Tally the lines of the records that contain the string "jpge", then give the total and nothing more.

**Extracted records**
"""

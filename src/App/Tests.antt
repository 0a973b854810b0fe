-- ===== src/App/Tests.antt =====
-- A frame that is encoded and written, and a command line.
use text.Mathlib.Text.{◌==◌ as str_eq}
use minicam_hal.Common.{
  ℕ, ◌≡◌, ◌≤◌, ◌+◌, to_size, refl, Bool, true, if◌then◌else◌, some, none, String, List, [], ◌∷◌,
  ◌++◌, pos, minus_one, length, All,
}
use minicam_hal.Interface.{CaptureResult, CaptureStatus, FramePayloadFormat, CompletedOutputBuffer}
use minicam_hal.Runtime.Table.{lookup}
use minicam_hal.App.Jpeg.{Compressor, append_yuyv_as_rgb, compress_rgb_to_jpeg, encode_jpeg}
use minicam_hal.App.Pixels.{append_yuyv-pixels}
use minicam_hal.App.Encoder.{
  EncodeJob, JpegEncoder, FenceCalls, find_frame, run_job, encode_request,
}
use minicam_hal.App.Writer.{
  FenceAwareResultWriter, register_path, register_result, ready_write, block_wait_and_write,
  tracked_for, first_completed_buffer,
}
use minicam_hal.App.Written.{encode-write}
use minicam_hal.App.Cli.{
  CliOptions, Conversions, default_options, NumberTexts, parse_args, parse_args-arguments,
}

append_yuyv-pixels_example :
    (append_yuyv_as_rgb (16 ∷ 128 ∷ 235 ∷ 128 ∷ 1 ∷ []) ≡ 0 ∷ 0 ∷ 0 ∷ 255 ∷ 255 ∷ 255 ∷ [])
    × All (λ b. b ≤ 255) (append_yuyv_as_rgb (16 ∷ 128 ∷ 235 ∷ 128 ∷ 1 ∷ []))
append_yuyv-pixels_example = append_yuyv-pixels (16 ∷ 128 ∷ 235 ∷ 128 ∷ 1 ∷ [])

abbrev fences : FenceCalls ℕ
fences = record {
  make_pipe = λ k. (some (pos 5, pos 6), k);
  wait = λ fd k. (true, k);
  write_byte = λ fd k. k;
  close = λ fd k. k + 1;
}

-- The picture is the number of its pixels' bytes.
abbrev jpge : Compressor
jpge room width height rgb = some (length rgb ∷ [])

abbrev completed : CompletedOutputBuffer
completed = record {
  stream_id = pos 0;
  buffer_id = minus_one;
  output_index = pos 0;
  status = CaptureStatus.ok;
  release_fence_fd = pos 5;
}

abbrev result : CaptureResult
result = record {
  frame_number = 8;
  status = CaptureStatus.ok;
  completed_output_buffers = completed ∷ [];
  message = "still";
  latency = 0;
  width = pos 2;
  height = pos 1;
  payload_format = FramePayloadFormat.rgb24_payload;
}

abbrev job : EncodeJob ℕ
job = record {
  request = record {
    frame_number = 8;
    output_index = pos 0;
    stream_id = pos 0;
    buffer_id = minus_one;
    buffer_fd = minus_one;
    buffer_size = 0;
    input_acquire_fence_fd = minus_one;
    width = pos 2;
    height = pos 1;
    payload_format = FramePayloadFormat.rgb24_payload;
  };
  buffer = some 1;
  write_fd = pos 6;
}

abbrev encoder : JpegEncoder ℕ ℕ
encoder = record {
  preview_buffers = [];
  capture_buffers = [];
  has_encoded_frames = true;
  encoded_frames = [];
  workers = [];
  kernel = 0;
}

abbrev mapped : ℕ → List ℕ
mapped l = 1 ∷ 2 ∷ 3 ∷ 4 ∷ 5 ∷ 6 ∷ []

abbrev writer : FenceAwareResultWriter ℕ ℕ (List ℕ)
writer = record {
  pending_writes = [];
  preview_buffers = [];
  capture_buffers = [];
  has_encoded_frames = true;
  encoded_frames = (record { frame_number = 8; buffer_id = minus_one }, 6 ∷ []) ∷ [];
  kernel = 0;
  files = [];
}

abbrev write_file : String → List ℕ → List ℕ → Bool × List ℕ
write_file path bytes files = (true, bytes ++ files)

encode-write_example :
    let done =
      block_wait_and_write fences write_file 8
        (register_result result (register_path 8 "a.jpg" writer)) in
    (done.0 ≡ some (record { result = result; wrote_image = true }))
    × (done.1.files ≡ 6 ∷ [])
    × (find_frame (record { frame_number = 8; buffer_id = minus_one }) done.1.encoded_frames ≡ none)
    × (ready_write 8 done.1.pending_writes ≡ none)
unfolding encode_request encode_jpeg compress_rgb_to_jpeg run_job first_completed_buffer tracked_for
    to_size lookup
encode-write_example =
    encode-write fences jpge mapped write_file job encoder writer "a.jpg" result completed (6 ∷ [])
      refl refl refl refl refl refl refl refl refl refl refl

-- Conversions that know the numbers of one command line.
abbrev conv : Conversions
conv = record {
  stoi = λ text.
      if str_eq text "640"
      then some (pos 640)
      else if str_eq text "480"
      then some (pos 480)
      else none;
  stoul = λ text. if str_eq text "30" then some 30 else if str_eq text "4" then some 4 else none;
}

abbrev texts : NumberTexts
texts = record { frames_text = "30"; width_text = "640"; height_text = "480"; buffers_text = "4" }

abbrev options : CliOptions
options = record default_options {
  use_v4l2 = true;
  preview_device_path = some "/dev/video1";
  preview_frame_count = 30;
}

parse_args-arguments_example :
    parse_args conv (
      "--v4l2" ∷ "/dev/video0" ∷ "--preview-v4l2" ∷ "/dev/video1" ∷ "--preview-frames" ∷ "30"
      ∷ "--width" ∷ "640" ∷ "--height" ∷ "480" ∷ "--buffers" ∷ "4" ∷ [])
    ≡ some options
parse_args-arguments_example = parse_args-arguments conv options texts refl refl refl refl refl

"""

**TASK RESPONSE**
3